• Assignment:
Restate word for word the lines of the records below, starting at the line that contains "a ≤ length b" and ending at the line that contains "fresh) (omega (arith, h))", with both of those lines included and nothing else.

• Given records:

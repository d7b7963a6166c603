-- ===== src/CReader/Chunk.antt =====
-- `read_chunk_non_blocking_fd` of lib/c/reader.c. `reads i` has the bytes that the call of `read` in
-- turn `i` gives, none when there are none yet; `malloc n` has the bytes of a new block.
pub mod Loses
use c_cpp_sandbox.Common.{
  ℕ, zero, suc, ◌+◌, ◌-◌, ◌≤◌, ◌<◌, ◌≡◌, refl, sym, ap, ap₂, ◌∙◌, Bool, true, false, ◌||◌, not,
  Option, none, some, List, [], ◌∷◌, ◌++◌, append-nil, arith, ltb, leb, if◌then◌else◌, le-cases,
  Bool-cases, inl, inr, length, take, drop, length-append, length-take, length-drop,
  take-append_exact, drop-append_ge, drop-drop,
}

-- The local variables, and the block that `p` points to.
pub record Progress : Type 0 where
  pub block : List ℕ
  pub bytes_read : ℕ
  pub sleep_before_read : ℕ
  pub sleep_after_read : ℕ
  pub read_something : Bool

abbrev pub start : List ℕ → Progress
start block = record {
  block = block;
  bytes_read = 0;
  sleep_before_read = 0;
  sleep_after_read = 0;
  read_something = false;
}

module _ (malloc : ℕ → List ℕ) where
  -- What a turn does with the bytes that were read: both copies go to the start of the new block.
  unfoldable pub store_chunk : List ℕ → Progress → Progress
  store_chunk buf s =
      let new_p = malloc (s.bytes_read + length buf) in
      let earlier = take s.bytes_read s.block ++ drop s.bytes_read new_p in
      if ltb 0 (length buf)
      then record s {
        read_something = true;
        block = buf ++ drop (length buf) earlier;
        bytes_read = s.bytes_read + length buf;
      }
      else s

  module _ (reads : ℕ → List ℕ) where
    -- The loop from turn `i` on; `none` is the lack of fuel.
    unfoldable pub chunk_loop : ℕ → ℕ → Progress → Option (ℕ × List ℕ)
    unfolding store_chunk
    chunk_loop zero i s = none
    chunk_loop (suc fuel) i s =
        let s' = store_chunk (reads i) s in
        elim s'.read_something [
          | true ↦ elim (ltb s'.sleep_after_read 100) [
            | true ↦
                chunk_loop fuel (i + 1) (record s' { sleep_after_read = s'.sleep_after_read + 1 })
            | false ↦ some (s'.bytes_read, s'.block)
          ]
          | false ↦ elim (ltb s'.sleep_before_read 10000) [
            | true ↦
                chunk_loop fuel (i + 1) (record s' { sleep_before_read = s'.sleep_before_read + 1 })
            | false ↦ some (s'.bytes_read, s'.block)
          ]
        ]

    unfoldable pub read_chunk_non_blocking_fd : ℕ → List ℕ → Option (ℕ × List ℕ)
    unfolding chunk_loop
    read_chunk_non_blocking_fd fuel block = chunk_loop fuel 0 (start block)

-- The turns that the two time limits leave.
abbrev turns : Progress → ℕ
turns s = (10000 - s.sleep_before_read) + (100 - s.sleep_after_read)

module _ (malloc : ℕ → List ℕ) (reads : ℕ → List ℕ) where
  -- A turn by the state that it has after the read.
  pub turn_after :
      (fuel i : ℕ) (s s' : Progress)
      → store_chunk malloc (reads i) s ≡ s'
      → s'.read_something ≡ true
      → s'.sleep_after_read < 100
      → chunk_loop malloc reads (suc fuel) i s
        ≡ chunk_loop malloc reads fuel
            (i + 1)
            (record s' { sleep_after_read = s'.sleep_after_read + 1 })
  unfolding chunk_loop
  turn_after fuel i s s' e something h = ground (arith, e, something)

  turn_before :
      (fuel i : ℕ) (s s' : Progress)
      → store_chunk malloc (reads i) s ≡ s'
      → s'.read_something ≡ false
      → s'.sleep_before_read < 10000
      → chunk_loop malloc reads (suc fuel) i s
        ≡ chunk_loop malloc reads fuel
            (i + 1)
            (record s' { sleep_before_read = s'.sleep_before_read + 1 })
  unfolding chunk_loop
  turn_before fuel i s s' e nothing h = ground (arith, e, nothing)

  pub turn_stops :
      (fuel i : ℕ) (s s' : Progress)
      → store_chunk malloc (reads i) s ≡ s'
      → (if s'.read_something then 100 ≤ s'.sleep_after_read else 10000 ≤ s'.sleep_before_read)
      → chunk_loop malloc reads (suc fuel) i s ≡ some (s'.bytes_read, s'.block)
  unfolding chunk_loop
  turn_stops fuel i s s' e h = ground (arith, e)

  store_sleeps :
      (buf : List ℕ) (s : Progress)
      → ((store_chunk malloc buf s).sleep_after_read ≡ s.sleep_after_read)
        × ((store_chunk malloc buf s).sleep_before_read ≡ s.sleep_before_read)
  unfolding store_chunk
  store_sleeps buf s = ground arith

  chunk_loop_ends :
      (fuel i : ℕ) (s : Progress)
      → turns s < fuel
      → (n : ℕ) × (block : List ℕ) × (chunk_loop malloc reads fuel i s ≡ some (n, block))
  chunk_loop_ends zero i s h = absurd (omega (arith, h))
  chunk_loop_ends (suc fuel) i s h =
      let s' = store_chunk malloc (reads i) s in
      let (after, before) = store_sleeps (reads i) s in
      elim (Bool-cases s'.read_something) [
        | inl something ↦ elim (le-cases 100 s'.sleep_after_read) [
          | inl late ↦ (_, _, turn_stops fuel i s s' refl (rw something late))
          | inr early ↦
              let (n, block, e) =
                chunk_loop_ends fuel (i + 1)
                  (record s' { sleep_after_read = s'.sleep_after_read + 1 })
                  (omega (arith, h, after, before, early)) in
              (n, block, turn_after fuel i s s' refl something early ∙ e)
        ]
        | inr nothing ↦ elim (le-cases 10000 s'.sleep_before_read) [
          | inl late ↦ (_, _, turn_stops fuel i s s' refl (rw nothing late))
          | inr early ↦
              let (n, block, e) =
                chunk_loop_ends fuel (i + 1)
                  (record s' { sleep_before_read = s'.sleep_before_read + 1 })
                  (omega (arith, h, after, before, early)) in
              (n, block, turn_before fuel i s s' refl nothing early ∙ e)
        ]
      ]

  -- `read_chunk_non_blocking_fd` returns, whatever the descriptor gives: fuel for 10101 turns is
  -- enough.
  pub read_chunk_ends :
      (fuel : ℕ) (old : List ℕ)
      → 10100 < fuel
      → (n : ℕ) × (block : List ℕ) × (read_chunk_non_blocking_fd malloc reads fuel old
          ≡ some (n, block))
  unfolding read_chunk_non_blocking_fd
  read_chunk_ends fuel old h = chunk_loop_ends fuel 0 (start old) (omega arith)
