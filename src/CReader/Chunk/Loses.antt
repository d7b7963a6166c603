-- ===== src/CReader/Chunk/Loses.antt =====
-- `read_chunk_non_blocking_fd` of lib/c/reader.c with two reads that give something.
use c_cpp_sandbox.Common.{
  ℕ, zero, suc, ◌+◌, ◌-◌, ◌≤◌, ◌<◌, ◌≡◌, refl, ap, ap₂, ◌∙◌, true, some, List, [], ◌++◌, arith,
  le-cases, inl, inr, length, take, drop, take-append_exact, drop-append_ge, drop-drop,
}
use c_cpp_sandbox.CReader.Chunk.{
  Progress, start, store_chunk, chunk_loop, read_chunk_non_blocking_fd, turn_after, turn_stops,
}

module _ (malloc : ℕ → List ℕ) (reads : ℕ → List ℕ) where
  store_nothing : (s : Progress) → store_chunk malloc [] s ≡ s
  unfolding store_chunk
  store_nothing s = refl

  -- Turns in which nothing more arrives.
  chunk_loop_idle :
      (fuel i : ℕ) (s : Progress)
      → s.read_something ≡ true
      → 100 - s.sleep_after_read < fuel
      → ((j : ℕ) → i ≤ j → reads j ≡ [])
      → chunk_loop malloc reads fuel i s ≡ some (s.bytes_read, s.block)
  chunk_loop_idle zero i s something h quiet = absurd (omega (arith, h))
  chunk_loop_idle (suc fuel) i s something h quiet =
      let same : store_chunk malloc (reads i) s ≡ s =
        ap (λ b. store_chunk malloc b s) (quiet i (omega arith)) ∙ store_nothing s in
      elim (le-cases 100 s.sleep_after_read) [
        | inl late ↦ turn_stops malloc reads fuel i s s same (rw something late)
        | inr early ↦
            turn_after malloc reads fuel i s s same something early
            ∙ chunk_loop_idle fuel (i + 1) (record s { sleep_after_read = s.sleep_after_read + 1 })
                something (omega (arith, h, early)) (λ j le. quiet j (omega (arith, le)))
      ]

  -- The state after a turn that has read something.
  abbrev stored : List ℕ → Progress → Progress
  stored buf s = record s {
    read_something = true;
    block =
        buf
        ++ drop (length buf)
            (take s.bytes_read s.block ++ drop s.bytes_read (malloc (s.bytes_read + length buf)));
    bytes_read = s.bytes_read + length buf;
  }

  store_something :
      (buf : List ℕ) (s : Progress) → 0 < length buf → store_chunk malloc buf s ≡ stored buf s
  unfolding store_chunk
  store_something buf s h = ground (arith, h)

  earlier_lost :
      (a b fresh behind : List ℕ)
      → length a ≤ length b
      → drop (length b) (take (length a) (a ++ behind) ++ drop (length a) fresh)
        ≡ drop (length b) fresh
  earlier_lost a b fresh behind h =
      ap (λ l. drop (length b) (l ++ drop (length a) fresh))
        (take-append_exact a behind (length a) refl)
      ∙ drop-append_ge a (drop (length a) fresh) (length b) h
      ∙ drop-drop (length b - length a) (length a) fresh
      ∙ ap (λ k. drop k fresh) (omega (arith, h))

  -- When the first two reads give something, the second at least as much, nothing comes after
  -- them, and the fuel is above 10100: `read_chunk_non_blocking_fd` returns the number of all the
  -- bytes, but the block has only those of the second read, and behind them what `malloc` left
  -- there.
  pub read_chunk_loses :
      (fuel : ℕ) (old : List ℕ)
      → 10100 < fuel
      → 0 < length (reads 0)
      → length (reads 0) ≤ length (reads 1)
      → ((j : ℕ) → 2 ≤ j → reads j ≡ [])
      → let n = length (reads 0) + length (reads 1) in
        read_chunk_non_blocking_fd malloc reads fuel old
        ≡ some (n, reads 1 ++ drop (length (reads 1)) (malloc n))
  unfolding read_chunk_non_blocking_fd
  read_chunk_loses zero old h some_bytes longer quiet = absurd (omega (arith, h))
  read_chunk_loses (suc zero) old h some_bytes longer quiet = absurd (omega (arith, h))
  read_chunk_loses (suc (suc fuel)) old h some_bytes longer quiet =
      let s1 = stored (reads 0) (start old) in
      let s1' : Progress = record s1 { sleep_after_read = 1 } in
      let s2 = stored (reads 1) s1' in
      turn_after malloc reads (suc fuel) 0 (start old) s1
        (store_something (reads 0) (start old) some_bytes) refl (omega arith)
      ∙ turn_after malloc reads fuel 1 s1' s2
          (store_something (reads 1) s1' (omega (arith, some_bytes, longer))) refl (omega arith)
      ∙ chunk_loop_idle fuel 2 (record s2 { sleep_after_read = 2 }) refl (omega (arith, h)) quiet
      ∙ ap₂ (λ n l. some (n, l)) (omega arith)
          (ap (λ l. reads 1 ++ l)
            (ap
                (λ k. drop (length (reads 1)) (
                  take k (reads 0 ++ drop (length (reads 0)) (malloc k))
                  ++ drop k (malloc (k + length (reads 1)))))
                {x = 0 + length (reads 0)} (omega arith)
              ∙ earlier_lost (reads 0) (reads 1) _ _ longer))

• Your solution:
      → length a ≤ length b
      → drop (length b) (take (length a) (a ++ behind) ++ drop (length a) fresh)
        ≡ drop (length b) fresh
  earlier_lost a b fresh behind h =
      ap (λ l. drop (length b) (l ++ drop (length a) fresh))
        (take-append_exact a behind (length a) refl)
      ∙ drop-append_ge a (drop (length a) fresh) (length b) h
      ∙ drop-drop (length b - length a) (length a) fresh
      ∙ ap (λ k. drop k fresh) (omega (arith, h))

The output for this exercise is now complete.